Traditional Swedish Holiday Cookies

A shorter version of this article appears in The Golden Informer.

Traditional Swedish Holiday Cookies

By Kathleen Eaton, Interpretation and Visitor Experience Coordinator

Swedish cookieTucked in the collection of the Golden History Museum is a small unassuming box. Inside are two iron molds in the shape of a heart and a circle. Listed as “Rosette Patty Irons”, these pieces point to a larger story of immigration in not only the United States, but Golden as well. While the pieces are not tied to a specific donor, the rosette irons were made by the Alfred Andresen & Co. in Minneapolis (1893-1913), that marketed cooking utensils to the regional Swedish immigrant population.

Rosettes are a light, deep-fried cookie often served coated with powdered sugar. Scandinavian in origin, the cookies are commonly made during the Christmas season. Similar versions of the cookie exist in other countries, each originating separately. The iron is be coated in batter (made with sugar, salt, eggs, milk and flour), then dipped in hot oil until the batter falls off when crispy. While a floral shape is common, other shapes are also used as seen by the irons in the museum collection.

Golden and its surrounding area had its fair share of immigrants from Sweden, and it seems likely the rosette irons are from one such family. Looking through census records from the late 1880s through the early 1900s, Swedish immigrants are not uncommon to find. Many built their lives and families in here, with children frequently having Colorado listed as their birthplace. According to the Library of Congress, between 1861 and 1881, 150,000 Swedes immigrated to the United States. Not only did companies and local governments recruit immigrants to the west, but the promise of open land also encouraged westward movement.

Both the Wikstrom and Rudin families ranched in the Golden area, having immigrated to the area between the 1860s-1870s. The museum holds a collection of items from these families ranging from photos and paintings to simple household items such as a coffee grinder. However, these two families are only a small sample of the Swedish immigrants who called Golden and Jefferson County home. They likely continued with traditions from home, including making rosettes or other traditional cookies each holiday.

This winter in Golden

Join us at the Golden History Park on December 17 from 2 – 5 p.m. at Homestead for the Holidays to enjoy the winter season just like the pioneers did. From polka in the schoolhouse to cookies in the Pearce/Helps cabin, we explore different pioneer experiences. Looking to try your own cookies? Below is a recipe for pepparkakor – a classic Swedish ginger cookie. The spices in the cookie may have been a treat to add in during the holidays, and the sugar piping gave a chance to express some artistic talent.

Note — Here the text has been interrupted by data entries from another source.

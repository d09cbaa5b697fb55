-- ===== src/Network/Receiving/Packets.antt =====
-- Sequences of packets that `processIncomingData` of src/NetworkManager.cpp gets, and the messages that `receive`
-- hands out afterwards.
use barren_engine.Common.{
  ℕ, zero, suc, ◌+◌, ◌≤◌, Bool, true, false, not, ◌&&◌, ◌||◌, ◌≡◌, ◌↔◌, refl, sym, ◌∙◌, ap, none,
  some, List, [], ◌∷◌, ◌++◌, append_assoc, append-nil, Bytes, All, keep, map, length, length-append,
  is_empty, u32_mod, ◌%◌, arith, Bool-cases, inl, inr,
}
use barren_engine.Network.Manager.{NetworkMessage, NetworkManager, Environment}
use barren_engine.Network.Sending.Totals.{IsPlain}
use barren_engine.Network.Receiving.{
  Incoming, handled, out_of_bounds, deliver, process_incoming_data, receive,
}
use barren_engine.Network.Receiving.Messages.{
  HasNoFragments, process_incoming_data_plain, process_incoming_data_fragment,
}

-- What one call gets: the bytes, the client, the two clocks, and the memory that the local message is in.
pub record Packet : Type 0 where
  pub bytes : Bytes
  pub client : ℕ
  pub now : ℕ
  pub system : ℕ
  pub memory : NetworkMessage

-- One call for each packet, as long as no access is out of bounds.
unfoldable pub process_all : Environment → NetworkManager → List Packet → Incoming
process_all env m [] = handled m
process_all env m (p ∷ ps) =
    elim (process_incoming_data env p.memory m p.bytes p.client p.now p.system) [
      | handled m' ↦ process_all env m' ps
      | out_of_bounds ↦ out_of_bounds
    ]

-- The messages of `n` calls of `receive`.
unfoldable pub receive_all : ℕ → NetworkManager → List NetworkMessage
receive_all zero m = []
receive_all (suc n) m =
    let (m', o) = receive m in elim o [ none ↦ [] | some message ↦ message ∷ receive_all n m' ]

-- A packet that is not empty, and whose message is a fragment as the memory has it.
abbrev pub is_taken_for_fragment : Packet → Bool
is_taken_for_fragment p = not (is_empty p.bytes) && p.memory.is_fragment

abbrev pub has_fragment : List Packet → Bool
has_fragment [] = false
has_fragment (p ∷ ps) = is_taken_for_fragment p || has_fragment ps

abbrev pub has_bytes : Packet → Bool
has_bytes p = not (is_empty p.bytes)

-- What the calls leave of the queue, the configuration and the map of fragments.
record Arrived (ps : List Packet) (m m' : NetworkManager) : Type 0 where
  queue :
      map (λ x. x.bytes) m'.message_queue
      ≡ map (λ x. x.bytes) m.message_queue ++ map (λ p. p.bytes) (keep has_bytes ps)
  size : length m'.message_queue ≤ length m.message_queue + length ps

map-append : {A B : Type 0} (f : A → B) (xs ys : List A) → map f (xs ++ ys) ≡ map f xs ++ map f ys
map-append f [] ys = refl
map-append f (x ∷ xs) ys = ap (◌∷◌ (f x)) (map-append f xs ys)

keep_full :
    (p : Packet) (ps : List Packet)
    → is_empty p.bytes ≡ false
    → keep has_bytes (p ∷ ps) ≡ p ∷ keep has_bytes ps
keep_full p ps h = rw (keep, h) refl

keep_empty :
    (p : Packet) (ps : List Packet)
    → is_empty p.bytes ≡ true
    → keep has_bytes (p ∷ ps) ≡ keep has_bytes ps
keep_empty p ps h = rw (keep, h) refl

next :
    (p : Packet) (ps : List Packet) (x : NetworkMessage) (m n m' : NetworkManager)
    → is_empty p.bytes ≡ false
    → x.bytes ≡ p.bytes
    → n.message_queue ≡ m.message_queue ++ x ∷ []
    → Arrived ps n m'
    → Arrived (p ∷ ps) m m'
next p ps x m n m' b e q a = record {
  queue =
      let old = map (λ y. y.bytes) m.message_queue in
      let rest = map (λ r. r.bytes) (keep has_bytes ps) in
      a.queue
      ∙ ap (λ l. map (λ y. y.bytes) l ++ rest) q
      ∙ ap (λ l. l ++ rest) (map-append (λ y. y.bytes) m.message_queue (x ∷ []))
      ∙ append_assoc old (x.bytes ∷ []) rest
      ∙ ap (λ y. old ++ (y ∷ rest)) e
      ∙ sym (ap (λ l. old ++ map (λ r. r.bytes) l) (keep_full p ps b));
  size = omega (arith, a.size, ap length q, length-append m.message_queue (x ∷ []));
}

-- One call, by whether there are bytes and whether the message is taken for a fragment.
process_incoming_data_empty :
    (env : Environment) (memory : NetworkMessage) (m : NetworkManager) (bytes : Bytes)
    (client now system : ℕ)
    → is_empty bytes ≡ true
    → process_incoming_data env memory m bytes client now system ≡ handled m
unfolding process_incoming_data
process_incoming_data_empty env memory m [] client now system h = refl
process_incoming_data_empty env memory m (b ∷ bytes) client now system h = absurd (ground arith)

process_incoming_data_message :
    (env : Environment) (memory : NetworkMessage) (m : NetworkManager) (bytes : Bytes)
    (client now system : ℕ)
    → IsPlain m.config
    → is_empty bytes ≡ false
    → memory.is_fragment ≡ false
    → process_incoming_data env memory m bytes client now system
      ≡ handled
          (deliver m (record memory { bytes = bytes; timestamp = system % u32_mod }) client now)
unfolding deliver
process_incoming_data_message env memory m [] client now system c h f = absurd (ground arith)
process_incoming_data_message env memory m (b ∷ bytes) client now system c h f =
    process_incoming_data_plain env memory m b bytes client now system c f

process_incoming_data_taken :
    (env : Environment) (memory : NetworkMessage) (m : NetworkManager) (bytes : Bytes)
    (client now system : ℕ)
    → IsPlain m.config
    → is_empty bytes ≡ false
    → memory.is_fragment ≡ true
    → All HasNoFragments m.fragment_map
    → process_incoming_data env memory m bytes client now system ≡ out_of_bounds
process_incoming_data_taken env memory m [] client now system c h f e = absurd (ground arith)
process_incoming_data_taken env memory m (b ∷ bytes) client now system c h f e =
    process_incoming_data_fragment env memory m b bytes client now system c f e

handles :
    (env : Environment) (ps : List Packet) (m : NetworkManager)
    → IsPlain m.config
    → has_fragment ps ≡ false
    → (m' : NetworkManager) × (process_all env m ps ≡ handled m') × Arrived ps m m'
unfolding process_all deliver
handles env [] m c h = (m, refl, record { queue = sym (append-nil _); size = omega arith })
handles env (p ∷ ps) m c h =
    let message = record p.memory { bytes = p.bytes; timestamp = p.system % u32_mod } in
    let n = deliver m message p.client p.now in
    elim (Bool-cases (is_empty p.bytes)) [
      | inl e ↦
          let (m', r, a) = handles env ps m c (ground arith) in
          let one = process_incoming_data_empty env p.memory m p.bytes p.client p.now p.system e in
          (
            m',
            rw (process_all, one) r,
            record {
              queue =
                  a.queue
                  ∙ sym (
                      ap (λ l. map (λ y. y.bytes) m.message_queue ++ map (λ r. r.bytes) l)
                        (keep_empty p ps e));
              size = omega (arith, a.size);
            },
          )
      | inr e ↦
          let (m', r, a) = handles env ps n c (ground arith) in
          let one =
            process_incoming_data_message env p.memory m p.bytes p.client p.now p.system c e
              (ground arith) in
          (m', rw (process_all, one) r, next p ps message m n m' e refl refl a)
    ]

fails :
    (env : Environment) (ps : List Packet) (m : NetworkManager)
    → IsPlain m.config
    → All HasNoFragments m.fragment_map
    → has_fragment ps ≡ true
    → process_all env m ps ≡ out_of_bounds
unfolding process_all deliver
fails env [] m c e h = absurd (ground arith)
fails env (p ∷ ps) m c e h =
    let message = record p.memory { bytes = p.bytes; timestamp = p.system % u32_mod } in
    elim (Bool-cases (is_empty p.bytes)) [
      | inl b ↦
          rw
            (
              process_all,
              process_incoming_data_empty env p.memory m p.bytes p.client p.now p.system b,
            )
            (fails env ps m c e (ground arith))
      | inr b ↦ elim (Bool-cases p.memory.is_fragment) [
        | inl f ↦
            rw
              (
                process_all,
                process_incoming_data_taken env p.memory m p.bytes p.client p.now p.system c b f e,
              )
              refl
        | inr f ↦
            rw
              (
                process_all,
                process_incoming_data_message env p.memory m p.bytes p.client p.now p.system c b f,
              )
              (fails env ps (deliver m message p.client p.now) c e (ground arith))
      ]
    ]

decided : (o : Incoming) (n : NetworkManager) → o ≡ handled n → o ≡ out_of_bounds → false ≡ true
decided (handled m) n e f = ground arith
decided out_of_bounds n e f = ground arith

-- Without encryption and compression, on a manager that has no entry with a fragment in its map, the calls
-- for a sequence of packets end in an access out of bounds exactly if one of the packets is not empty
-- and is taken for a fragment.
pub process_all_iff :
    (env : Environment) (ps : List Packet) (m : NetworkManager)
    → IsPlain m.config
    → All HasNoFragments m.fragment_map
    → (process_all env m ps ≡ out_of_bounds) ↔ (has_fragment ps ≡ true)
process_all_iff env ps m c e = (
  λ bad. elim (Bool-cases (has_fragment ps)) [
    | inl h ↦ h
    | inr h ↦ let (m', r, a) = handles env ps m c h in absurd (ground (arith, decided _ m' r bad))
  ],
  fails env ps m c e,
)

Swedish Pepparkakor (Ginger Cookies)

  • 1 c. butter, softened
  • 3/4 c. granulated sugar
  • 3/4 c. brown sugar
  • 1 egg
  • 2 T. molasses
  • 1 T. Milk
  • 3 1/4 c. flour
  • 1 t. baking soda
  • 2 t. ground ginger 
  • 1 t. cinnamon
  • 1 t. ground cloves
  • 1 t. ground nutmeg
  • 1 t. allspice
  • 1 t. cayenne or black pepper

Swedish cookie

Cream butter and sugars together in large bowl. Add egg, molasses, and milk. In a separate bowl, combine remaining ingredients (flour through pepper), whisking or sifting together to combine well. Mix dry ingredients into wet until no streaks of flour remain. Refrigerate dough 2-6 hours until well-chilled. If time allows, an overnight refrigeration is best to let flavors develop and make rolling out dough easier. 

When ready to bake, preheat oven to 375 degrees F. Roll out dough until about 1/8” thick (try this between two sheets of parchment) and cut into your favorite shapes.  Place cut shapes onto parchment lined baking tray. Bake for 5-7 minutes (depending on shape and thickness) until toasty and golden. Cool 2 minutes on baking sheet and then remove to cooling rack.

* Recipe adapted for baking at altitude of 5,000 – 6,500 feet (Golden: 5,675’), if baking below 5,000 feet reduce baking temperature to 350 degrees F and increase baking soda to 2 t.